Saved data entries
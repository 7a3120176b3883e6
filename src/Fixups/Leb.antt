-- ===== src/Fixups/Leb.antt =====
-- `read_uleb128` and `read_sleb128` of src/fixups.c. The list is what lies between `*p` and `end`; a
-- shift by 64 or more, which C leaves undefined, is `none`.
pub mod RoundTrip
use mac_ify.Prelude.{ℕ, ◌+◌, ◌-◌, ◌*◌, ◌%◌, ◌^◌, List, [], ◌∷◌, Option, none, some, bit_and}
use mac_ify.Prelude.{bit_or}
use mac_ify.Prelude.{leb, ltb, ◌==◌, ◌&&◌, has, if◌then◌else◌}

-- `(uint64_t)(byte & 0x7f) << shift`
abbrev pub group_at : ℕ → ℕ → ℕ
group_at byte shift = bit_and byte 0x7f * 2 ^ shift % 2 ^ 64

unfoldable pub uleb_loop : List ℕ → ℕ → ℕ → Option (ℕ × List ℕ)
uleb_loop [] result shift = some (result, [])
uleb_loop (byte ∷ p) result shift =
    let result' = bit_or result (group_at byte shift) in
    let rest = uleb_loop p result' (shift + 7) in
    if leb 64 shift then none else if has byte 0x80 then rest else some (result', p)

unfoldable pub read_uleb128 : List ℕ → Option (ℕ × List ℕ)
unfolding uleb_loop
read_uleb128 p = uleb_loop p 0 0

-- After the loop: a negative number is filled with ones from `shift` up.
unfoldable pub sign_fill : ℕ → ℕ → ℕ → ℕ
sign_fill result shift byte =
    if ltb shift 64 && has byte 0x40 then bit_or result (2 ^ 64 - 2 ^ shift) else result

-- The result is the pattern of the `int64_t`.
unfoldable pub sleb_loop : List ℕ → ℕ → ℕ → ℕ → Option (ℕ × List ℕ)
unfolding sign_fill
sleb_loop [] result shift last = some (sign_fill result shift last, [])
sleb_loop (byte ∷ p) result shift last =
    let result' = bit_or result (group_at byte shift) in
    let rest = sleb_loop p result' (shift + 7) byte in
    if leb 64 shift
    then none
    else if has byte 0x80
    then rest
    else some (sign_fill result' (shift + 7) byte, p)

unfoldable pub read_sleb128 : List ℕ → Option (ℕ × List ℕ)
unfolding sleb_loop
read_sleb128 p = sleb_loop p 0 0 0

REQUIRED ACTION:
The count alone is wanted: how many lines above hold the string "some"?

TASK ANSWER:
5